Find Us On Social Media :

BUMN Ini Usulkan Konsep National Warehouse Data Commodity ke Pemerintah

By Rafki Fachrizal, Rabu, 27 Maret 2019 | 01:00 WIB

Ilustrasi Logistik

Dalam acara iCIO Exchange 2019 yang digelar hari ini (26/03/19), BGR Logistics yang merupakan Badan Usaha Milik Negara (BUMN) mengusulkan konsep National Warehouse Data Commodity yang ditujukan untuk membantu pemerintah mendapatkan data komoditas yang akurat dan kredibel sekaligus mengelola gudang untuk komoditas tersebut.

“Dengan National Warehouse Data Commodity ini akan banyak memberikan manfaat kepada pemerintah dan pengguna jasa untuk mengeluarkan kebijakan berdasarkan data yang dikeluarkan dari sistem tersebut,” kata M. Kuncoro Wibowo selaku Direktur Utama, BGR Logistics.

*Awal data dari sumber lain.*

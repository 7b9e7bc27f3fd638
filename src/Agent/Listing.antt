-- ===== src/Agent/Listing.antt =====
-- internal/agent/agent.go: `Remediations`, `Remediation` and `Patch`.
pub mod Order
pub mod Unordered
use aegis_ebpf.Base.Maps.{find, bytes_key}
use aegis_ebpf.Base.{
  ℕ, zero, suc, ◌+◌, Bool, true, false, not, ◌&&◌, ◌||◌, List, [], ◌∷◌, Option, none, some, Bytes,
  Result, ok, err, ltb, leb, ◌==◌, ◌=b◌, if◌then◌else◌, take, filter, map,
}
use aegis_ebpf.Agent.State.{Agent, Remediation}
use aegis_ebpf.Events.Types.{Severity, rank}
use aegis_ebpf.Fixer.Apply.{ApplyResult, apply}
use aegis_ebpf.Fixer.Operation.{ApplyError}
use aegis_ebpf.Fixer.Yaml.{Yaml}

-- A limit that is not positive is 0.
pub record RemediationFilter : Type 0 where
  pub min_severity : Severity
  pub container_id : Bytes
  pub limit : ℕ

unfoldable pub passes : RemediationFilter → Remediation → Bool
passes f rem =
    leb (rank f.min_severity) (rank rem.rule.severity)
    && (f.container_id =b [] || rem.container.id =b f.container_id)

-- `cmp.Compare(a, b) < 0` on strings.
unfoldable pub bytes_before : Bytes → Bytes → Bool
bytes_before a [] = false
bytes_before [] (d ∷ b) = true
bytes_before (c ∷ a) (d ∷ b) =
    let rest = bytes_before a b in if ltb c d then true else if c == d then rest else false

-- The function given to `slices.SortFunc` is negative: `x` stands before `y`.
unfoldable pub stands_before : Remediation → Remediation → Bool
stands_before x y =
    ltb y.last_seen x.last_seen || x.last_seen == y.last_seen && bytes_before y.id x.id

-- `slices.SortFunc`, by insertion: IDs are distinct, so there is one sorted order.
unfoldable pub insert_sorted : Remediation → List Remediation → List Remediation
insert_sorted x [] = x ∷ []
insert_sorted x (y ∷ ys) =
    let rest = insert_sorted x ys in if stands_before y x then y ∷ rest else x ∷ y ∷ ys

unfoldable pub sort_remediations : List Remediation → List Remediation
sort_remediations [] = []
sort_remediations (x ∷ xs) = insert_sorted x (sort_remediations xs)

abbrev pub limited : ℕ → List Remediation → List Remediation
limited zero rems = rems
limited (suc n) rems = take (suc n) rems

abbrev pub values : List (Bytes × Remediation) → List Remediation
values [] = []
values ((_, rem) ∷ rems) = rem ∷ values rems

-- `Remediations`.
unfoldable pub remediations : Agent → RemediationFilter → List Remediation
remediations a f = limited f.limit (sort_remediations (filter (passes f) (values a.rems)))

-- `Remediation`: `none` is `ErrNotFound`.
abbrev pub remediation : Agent → Bytes → Option Remediation
remediation a id = find id a.rems

-- The errors of `Patch`.
pub data PatchError : Type 0 where
  not_found : PatchError
  apply_failed : ApplyError → PatchError

module _ (y : Yaml) where
  abbrev pub lift_apply :
      Result ApplyError (ApplyResult y.Any) → Result PatchError (ApplyResult y.Any)
  lift_apply (ok r) = ok r
  lift_apply (err e) = err (apply_failed e)

  abbrev pub patch_with : Bytes → Option Remediation → Result PatchError (ApplyResult y.Any)
  patch_with manifest none = err not_found
  patch_with manifest (some rem) = lift_apply (apply y manifest rem.operations)

  -- `Patch`.
  unfoldable pub patch : Agent → Bytes → Bytes → Result PatchError (ApplyResult y.Any)
  patch a id manifest = patch_with manifest (remediation a id)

Kuncoro mengungkapkan bahwa saat ini BGR telah Logistics telah membangun Warehouse Integrated Application (WINA) dan Fleet Integrated and Order Monitoring Application (FIONA).

“Aplikasi yang kami bangun bertujuan untuk membantu kebutuhan logistik pelanggan, dan siap dikembangkan menjadi National Warehouse Data Commodity,” terang Kuncoro.

Selain itu, Kuncoro menambahkan bahwa dengan aplikasi yang dibangun oleh BGR Logistics tersebut, nantinya dapat memantau pergerakan barang milik principal/pelanggan dan diawasi oleh kantor pusat melalui Command Center yang dimiliki BGR Logistics. “Semua pergerakan barang di gudang ataupun saat berada dalam proses distribusi termonitor oleh kami,” tambahnya.

Aplikasi logistik WINA dan FIONA yang dimiliki BGR Logistics, dijelaskan Kuncoro dapat diintegrasikan juga dengan aplikasi di pelabuhan milik Pelindo II ataupun otoritas pelabuhan, untuk mendukung sistem logistik nasional.

Pergerakan barang, sejak masuk kepelabuhan, hingga terdistribusi kegudang-gudang ataupun kepada end user akan termonitor. Dengan adanya sistem ini, para principal nantinya dapat fokus terhadap pengembangan bisnisnya masing-masing.

Masih Mahalnya Ongkos Logistik di Indonesia

Berdasarkan data penilaian 2 tahunan dari Logistic Performance Index (LPI) terhadap enam indikator, yakni LPI efisiensi proses di kepabeanan, kualitas infrastruktur, biaya pengiriman yang kompetitif, kompetensi dan kualitas jasa logistik, kemampuan melacak dan menelusuri dan waktu tempuh, Indonesia menempati posisi 46 di tahun 2018.

Meskipun meningkat signifikan dari posisi 63 di 2016, namun kinerja logistik Indonesia masih kalah dibanding Singapura yang ada di peringkat 7, Thailand 32, Vietnam 39, dan Malaysia di peringkat 41.

Berdasarkan hal tersebut, salah satu alasan kinerja logistik Indonesia masih berada diurutan yang tidak terlalu tinggi karena masih tingginya perusahaan yang menganggap ongkos logistik di Indonesia itu mahal.

Rico Usthavia Frans selaku Chairman iCIO Community, menjelaskan bahwa mahalnya ongkos logistik di Indonesia menjadi salah satu faktor rendahnya daya saing produk-produk Indonesia di pasar global. 

Rico menekankan akan pentingnya kesamaan visi dan langkah diantara para CIO untuk mendorong agar terbentuk industri logistik Indonesia yang cakap dalam pemanfaatan Teknologi Informasi dan Komunikasi (TIK) yang merupakan salah satu faktor penting untuk memangkas ongkos logistik di Indonesia.

“Komitmen BGR Logistics melakukan transformasi melalui peningkatan pemanfaatan TIK dan menjadi perusahaan logistik berbasis digital akan menjadi tolak ukur pemanfaatan TIK, tidak saja di bidang logistik tapi bisa ditularkan keseluruh rantai pasok/supply chain. Dalam lingkup yang lebih luas, pemanfaatan TIK di berbagai bidang perlu menjadi menjadi agenda nasional untuk menjaga dan meningkatkan daya saing perekonomian Indonesia di era digital,” imbuh Rico.